Most of the stuff I already knew. Like how all the laws and decisions are stored on computer tapes, and each court computer is updated daily. The jurors report each day and are put in little rooms, where they are wired into the computer. A plastic band goes around your head that holds the pickups for your brainwaves. Then they fasten a bunch of little sensors all over you that beam data to the master receiver. You lie on a couch like a big damp sponge and watch the proceedings on a full-sized visiwall. As the trial progresses, the computer monitors the jurors’ emotional responses and stores them. When the presentations are complete, the computer evaluates all the responses and weighs them, along with the points of law programmed by the attorneys, to arrive at an absolutely unbiased verdict.
My attorney cleared his throat and raised his voice. “It is clear that one essential element of this crime is not present. That element is intent. My client had credits legally due him which he expected would more than cover the amount drawn.”

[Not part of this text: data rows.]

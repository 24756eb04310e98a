-- ===== src/Cleanup/Accounts.antt =====
-- The counters of the rides across a cleanup
-- (apps/server/src/balloon_crumbs_server/service.py, `purge_expired`).
use balloon_crumbs.Prelude.{
  subst, ◌≡◌, refl, ap, inl, inr, ℕ, ◌-◌, String, Bool, true, not, Option, none, some, List, [],
  ◌∷◌, arith, str_eq, eq_iff, ltb, if◌then◌else◌, Bool-cases, Option-cases, keep, sum_of,
  sum_of-keep, count_of,
}
use balloon_crumbs.Models.{Ride, StoredEvent, Db, is_expired, find_ride}
use balloon_crumbs.Models.Rides.{find_ride-id}
use balloon_crumbs.Sync.Store.{expired_event, event_of, purge_ride}
use balloon_crumbs.Sync.Usage.{size, count_in, bytes_in}
use balloon_crumbs.Sync.Accounts.{IsAccounted, ride_count, ride_bytes}
use balloon_crumbs.Cleanup.{is_kept, discount, purge_expired}

-- every identity is that of one ride, as the primary key makes it
abbrev pub IsKeyed : List Ride → Type 0
IsKeyed [] = Unit
IsKeyed (r ∷ rides) = (find_ride r.id rides ≡ none) × IsKeyed rides

abbrev purge_found : ℕ → List StoredEvent → Option Ride → Option Ride
purge_found now events none = none
purge_found now events (some r) =
    if ltb now r.delete_after then some (purge_ride now r events) else none

abbrev is_found_kept : ℕ → Option Ride → Bool
is_found_kept now none = true
is_found_kept now (some r) = ltb now r.delete_after

find_absent :
    (now : ℕ) (events : List StoredEvent) (rides : List Ride) (id : String)
    → find_ride id rides ≡ none
    → (find_ride id (keep (λ r. ltb now r.delete_after) (discount now events rides)) ≡ none)
      × (is_kept now rides id ≡ true)
unfolding discount purge_ride
find_absent now events [] id h = (refl, refl)
find_absent now events (r ∷ rides) id h =
    let (a, b) = find_absent now events rides id (ground (arith, h)) in
    (ground (arith, a, h), ground (arith, b, h))

find_purged :
    (now : ℕ) (events : List StoredEvent) (rides : List Ride) (id : String)
    → IsKeyed rides
    → (find_ride id (keep (λ r. ltb now r.delete_after) (discount now events rides))
        ≡ purge_found now events (find_ride id rides))
      × (is_kept now rides id ≡ is_found_kept now (find_ride id rides))
unfolding discount purge_ride
find_purged now events [] id h = (refl, refl)
find_purged now events (r ∷ rides) id (alone, h) =
    let (a, b) = find_purged now events rides id h in
    let (c, d) = find_absent now events rides r.id alone in
    elim (Bool-cases (str_eq r.id id)) [
      | inl y ↦
          let same = (eq_iff r.id id).0 y in
          let c' : find_ride id (keep (λ x. ltb now x.delete_after) (discount now events rides))
              ≡ none =
            subst
              (λ (z : String).
                find_ride z (keep (λ x. ltb now x.delete_after) (discount now events rides)) ≡ none)
              same c in
          let d' : is_kept now rides id ≡ true =
            subst (λ (z : String). is_kept now rides z ≡ true) same d in
          (ground (arith, y, c'), ground (arith, y, d'))
      | inr n ↦ (ground (arith, n, a), ground (arith, n, b))
    ]

module _ (kept : String → Bool) (f : StoredEvent → ℕ) (id : String) where
  sum_of-referenced :
      (events : List StoredEvent)
      → sum_of (event_of id) f (keep (λ e. kept e.ride_id) events)
        ≡ (if kept id then sum_of (event_of id) f events else 0)
  sum_of-referenced [] = ground arith
  sum_of-referenced (e ∷ events) = elim (Bool-cases (str_eq e.ride_id id)) [
    | inl y ↦
        let same = ap kept ((eq_iff e.ride_id id).0 y) in
        ground (arith, y, same, sum_of-referenced events)
    | inr n ↦ ground (arith, n, sum_of-referenced events)
  ]

-- What is left of a ride's events: none if the ride is deleted, else those that have not expired.
sum_of-purged :
    (f : StoredEvent → ℕ) (now : ℕ) (rides : List Ride) (id : String) (events : List StoredEvent)
    → sum_of (event_of id) f (
        keep
          (λ e. is_kept now rides e.ride_id)
          (keep (λ e. not (is_expired now e.expires_at)) events))
      ≡ (if is_kept now rides id
          then sum_of (event_of id) f events - sum_of (expired_event id now) f events
          else 0)
sum_of-purged f now rides id events =
    rw
      (sum_of-referenced (is_kept now rides) f id
        (keep (λ e. not (is_expired now e.expires_at)) events))
      (ground (arith, sum_of-keep (event_of id) (λ e. is_expired now e.expires_at) f events))

purged-count :
    (now : ℕ) (r : Ride) (events : List StoredEvent) (id : String)
    → r.id ≡ id
    → r.stored_event_count ≡ count_in id events
    → ride_count (purge_found now events (some r)) ≡ (
        if ltb now r.delete_after
        then count_in id events - count_of (expired_event id now) events
        else 0)
unfolding purge_ride
purged-count now r events id same h = elim (Bool-cases (ltb now r.delete_after)) [
  | inl y ↦ rw (y, same, h) refl
  | inr n ↦ rw n refl
]

purged-bytes :
    (now : ℕ) (r : Ride) (events : List StoredEvent) (id : String)
    → r.id ≡ id
    → r.stored_event_bytes ≡ bytes_in id events
    → ride_bytes (purge_found now events (some r)) ≡ (
        if ltb now r.delete_after
        then bytes_in id events - sum_of (expired_event id now) size events
        else 0)
unfolding purge_ride
purged-bytes now r events id same h = elim (Bool-cases (ltb now r.delete_after)) [
  | inl y ↦ rw (y, same, h) refl
  | inr n ↦ rw n refl
]

-- The cleanup keeps every ride's counters equal to the number and the bytes of its stored events,
-- if no two rides have the same identity.
pub purge_expired-IsAccounted :
    (now : ℕ) (db : Db)
    → IsKeyed db.rides
    → IsAccounted db.rides db.events
    → let db' = (purge_expired now db).1 in IsAccounted db'.rides db'.events
unfolding purge_expired purge_ride
purge_expired-IsAccounted now db keyed h = record {
  counted = λ id.
      let (found, referenced) = find_purged now db.events db.rides id keyed in
      rw (found, sum_of-purged (λ _. 1) now db.rides id db.events, referenced)
        (elim (Option-cases (find_ride id db.rides)) [
          | inl absent ↦ rw absent (
              omega
                (arith, subst (λ o. ride_count o ≡ count_in id db.events) absent (h.counted id)))
          | inr (r, there) ↦ rw there (
              purged-count now r db.events id (find_ride-id db.rides id r there) (
                subst (λ o. ride_count o ≡ sum_of (event_of id) (λ _. 1) db.events) there
                  (h.counted id)))
        ]);
  sized = λ id.
      let (found, referenced) = find_purged now db.events db.rides id keyed in
      rw (found, sum_of-purged size now db.rides id db.events, referenced)
        (elim (Option-cases (find_ride id db.rides)) [
          | inl absent ↦
              rw absent (
                omega
                  (arith, subst (λ o. ride_bytes o ≡ bytes_in id db.events) absent (h.sized id)))
          | inr (r, there) ↦ rw there (
              purged-bytes now r db.events id (find_ride-id db.rides id r there) (
                subst (λ o. ride_bytes o ≡ sum_of (event_of id) size db.events) there (h.sized id)))
        ]);
}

Now that sounded better. More lights flashed, and the tapes mined jerkily. One clicked and began to race ahead. The judge’s eyes were closed.
The defense moved on. “I would like to introduce a statement from my client’s employer attesting to his reliability and work habits.” The green light went out, and a big red flashing job appeared on the main panel.
“What’s that? What happened?” I said.
“It’s an objection,” muttered the assistant.
The prosecutor stood up. “Objection, File OBJ327, your Honor.”
My side was not to be outdone. “File DEM828,” replied the defense.
There were lights all over the panel, and the tapes got busy for sure. A printer clattered briefly on the judge’s bench. He reached out and tore off a strip.
“Sustained,” he announced. Then he checked the timer on the far wall. “This hearing has now reached the twenty-minute fir
st-period maximum. Court will recess for ten minutes.”
We all rose, and I went along with my defenders to a room next-door. They told me to sit while they analyzed the first session. I couldn’t follow much of it. There was nothing about me, or what I did. Just subroutines, jumps, and things like that. Now and then one of them would go to a small keyboard and punch up something. Then they would both mutter over the resulting printout. Finally one of them kicked back his chair and began to pace the room.
“I see how we might be able to pull this off.”